Reproducible Benchmark Demo
This demo creates a tiny synthetic pair-classification dataset, adapts it through the dataset manifest workflow, scores it with an offline lexical baseline, and writes auditable outputs.
It is a workflow example, not a benchmark claim. Real datasets are not bundled with Matheel, and users should provide or download datasets according to each source's terms.
Run the Demo
From the repository root:
python examples/evaluation/reproducible_benchmark_demo.py \
--output-dir benchmark_outputs/synthetic_pair_benchmark \
--overwrite
The command writes:
benchmark_outputs/synthetic_pair_benchmark/
raw/pairs.csv
dataset_manifest.json
benchmark_config.json
dataset/
results/
scored_pairs.csv
pair_metrics.json
resample_metrics.csv
resample_summary.csv
reproducibility.json
The generated files capture:
- synthetic raw inputs and the normalized Matheel dataset
- source, adapter, and destination choices in
dataset_manifest.json - threshold, feature weights, preprocessing, language, and resampling seed in
benchmark_config.json - scored rows and aggregate pair-classification metrics
- fold-level metrics and interval summaries
- package versions, Python metadata, platform metadata, source fingerprint, and run metadata
CLI Equivalent
After generating the synthetic inputs, you can rerun the scoring step through the CLI:
matheel evaluate-pairs \
--manifest benchmark_outputs/synthetic_pair_benchmark/dataset_manifest.json \
--feature-weight levenshtein=1.0 \
--preprocess-mode basic \
--code-language python \
--threshold 0.65 \
--scores-out benchmark_outputs/synthetic_pair_benchmark/results/scored_pairs_cli.csv \
--metrics-out benchmark_outputs/synthetic_pair_benchmark/results/pair_metrics_cli.json \
--reproducibility-out benchmark_outputs/synthetic_pair_benchmark/results/reproducibility_cli.json
The example uses levenshtein=1.0, so it runs offline and does not download embedding models.
Adapt the Workflow
For a custom pair dataset:
- Replace
raw/pairs.csvwith your own table. - Update
dataset_manifest.jsonsoadapter_optionspoint to your column names. - Keep
benchmark_config.jsonwith the run settings you want to audit. - Keep a fixed resampling seed while comparing configurations.

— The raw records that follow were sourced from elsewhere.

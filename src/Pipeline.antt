-- ===== src/Pipeline.antt =====
-- src/minemonitor/pipeline.py: zones, debounce, rules and alarms for each stored position. The
-- polygon tests of src/minemonitor/zones/geometry.py work on floats and are arguments here.
pub mod Laws
pub mod Breach
mod Tests
use mine_intelligence.Prelude.{
  Bool, List, Option, String, [], false, if◌then◌else◌, leb, length, ltb, none, some, ℕ, ◌&&◌, ◌++◌,
  ◌+◌, ◌∷◌,
}
use mine_intelligence.Prelude.Table.{Table, insert, lookup}
use mine_intelligence.Rules.Config.{RuleConfig, parse_rules}
use mine_intelligence.Storage.{Event, Session}
use mine_intelligence.Zones.Engine.{AssetZoneState, Transition, entry, step}
use mine_intelligence.Rules.Evaluate.{Position, Zone, on_entry, on_inzone_fix}
use mine_intelligence.Notifications.Outbox.{Settings}
use mine_intelligence.Events.{persist_event}

pub record Geometry : Type 0 where
  pub point_in_polygon : Position → Zone → Bool
  pub distance_to_polygon_m : Position → Zone → ℕ

-- `max_future_skew_s` and `offline_threshold_s`, in microseconds
pub record LiveSettings : Type 0 where
  pub max_skew : ℕ
  pub max_gap_s : ℕ

-- A watermark later than the fix's arrival can be: set by a clock that ran ahead.
unfoldable pub is_future : LiveSettings → Position → ℕ → Bool
is_future settings pos last_ts = ltb (pos.received_at + settings.max_skew) last_ts

-- The fix is not evaluated live in this zone.
unfoldable pub skips : LiveSettings → Position → Option ℕ → Bool
unfolding is_future
skips settings pos none = false
skips settings pos (some last_ts) =
    if is_future settings pos last_ts
    then ltb (pos.ts + settings.max_skew) pos.received_at
    else leb pos.ts last_ts

opened_later : Option ℕ → ℕ → Bool
opened_later none ts = false
opened_later (some since) ts = ltb ts since

-- Behind a watermark in the future, a dwell episode that opens after this fix starts afresh.
unfoldable pub heal : LiveSettings → Position → Option ℕ → AssetZoneState → AssetZoneState
unfolding is_future opened_later
heal settings pos none state = state
heal settings pos (some last_ts) state =
    if is_future settings pos last_ts && opened_later state.stationary_since pos.ts
    then record state { stationary_since = none; dwell_fired = false }
    else state

entered : Option Transition → Position → Zone → RuleConfig → String → ℕ → List Event
entered (some entry) pos zone cfg asset_class drawn =
    elim (on_entry pos zone cfg asset_class drawn) [ none ↦ [] | some ev ↦ ev ∷ [] ]
entered _ pos zone cfg asset_class drawn = []

-- One zone, for a fix that is not skipped.
unfoldable pub evaluate :
    Geometry
    → LiveSettings
    → Position
    → String
    → Zone
    → AssetZoneState
    → ℕ
    → AssetZoneState × List Event
unfolding entered
evaluate geometry settings pos asset_class zone state drawn =
    let cfg = parse_rules zone.rules in
    let inside_raw = geometry.point_in_polygon pos zone in
    let dist_out = if inside_raw then 0 else geometry.distance_to_polygon_m pos zone in
    let (s1, transition) =
      step (heal settings pos state.last_ts state) inside_raw dist_out pos.ts cfg
        (some settings.max_gap_s) in
    let breach = entered transition pos zone cfg asset_class drawn in
    let (s2, more) =
      if s1.inside then on_inzone_fix pos zone cfg s1 (drawn + length breach) else (s1, []) in
    (record s2 { last_ts = some pos.ts }, breach ++ more)

-- `states.get(zone_id) or get_or_create_state(...)`
unfoldable pub state_or_new : Option AssetZoneState → Position → Zone → AssetZoneState
state_or_new none pos zone = record {
  site_id = pos.site_id;
  asset_id = pos.asset_id;
  zone_id = zone.zone_id;
  inside = false;
  consec_in = 0;
  consec_out = 0;
  entered_at = none;
  overspeed_consec = 0;
  overspeed_fired = false;
  stationary_since = none;
  dwell_fired = false;
  last_ts = none;
}
state_or_new (some state) pos zone = state

-- What the loop over the zones carries: the asset's rows by zone, the alarms so far, and how many
-- ULIDs are drawn.
pub record Live : Type 0 where
  pub states : Table AssetZoneState
  pub alarms : List Event
  pub drawn : ℕ

unfoldable pub one_zone : Geometry → LiveSettings → Position → String → Zone → Live → Live
one_zone geometry settings pos asset_class zone live =
    let state = state_or_new (lookup live.states zone.zone_id) pos zone in
    if skips settings pos state.last_ts
    then live
    else (let (state', es) = evaluate geometry settings pos asset_class zone state live.drawn in
        record live {
          states = insert live.states zone.zone_id state';
          alarms = live.alarms ++ es;
          drawn = live.drawn + length es;
        })

unfoldable pub all_zones : Geometry → LiveSettings → Position → String → List Zone → Live → Live
all_zones geometry settings pos asset_class [] live = live
all_zones geometry settings pos asset_class (zone ∷ zones) live =
    all_zones geometry settings pos asset_class zones
      (one_zone geometry settings pos asset_class zone live)

persist_all : Session → List Event → Settings → ℕ → Session
persist_all session [] outbox now = session
persist_all session (ev ∷ evs) outbox now =
    persist_all (persist_event session ev outbox now) evs outbox now

-- `zones` are the site's zones, `states` the asset's rows and `asset_class` its class; `now` is the
-- time at which notifications are queued.
unfoldable pub process_position :
    Geometry
    → LiveSettings
    → Settings
    → ℕ
    → Session
    → List Zone
    → Table AssetZoneState
    → String
    → Position
    → Bool
    → Session × Table AssetZoneState × List Event
unfolding persist_all
process_position geometry settings outbox now session zones states asset_class pos created =
    if created
    then (let live =
          all_zones geometry settings pos asset_class zones
            (record { states = states; alarms = []; drawn = session.drawn }) in
        (
          persist_all (record session { drawn = live.drawn }) live.alarms outbox now,
          live.states,
          live.alarms,
        ))
    else (session, states, [])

- Store generated outputs outside source control unless the files are deliberately tiny examples.
For retrieval datasets, use auto_retrieval_tabular and the ranking metrics described in Datasets and evaluation.
Reproducibility Checklist
- Record the Matheel version and optional backend package versions.
- Record the dataset source, adapter, and normalized source fingerprint.
- Record scorer settings, preprocessing, language, threshold, and feature weights.
- Record split method, number of folds or rounds, confidence level, and random seed.
- Keep scored rows alongside summary metrics so threshold decisions can be audited.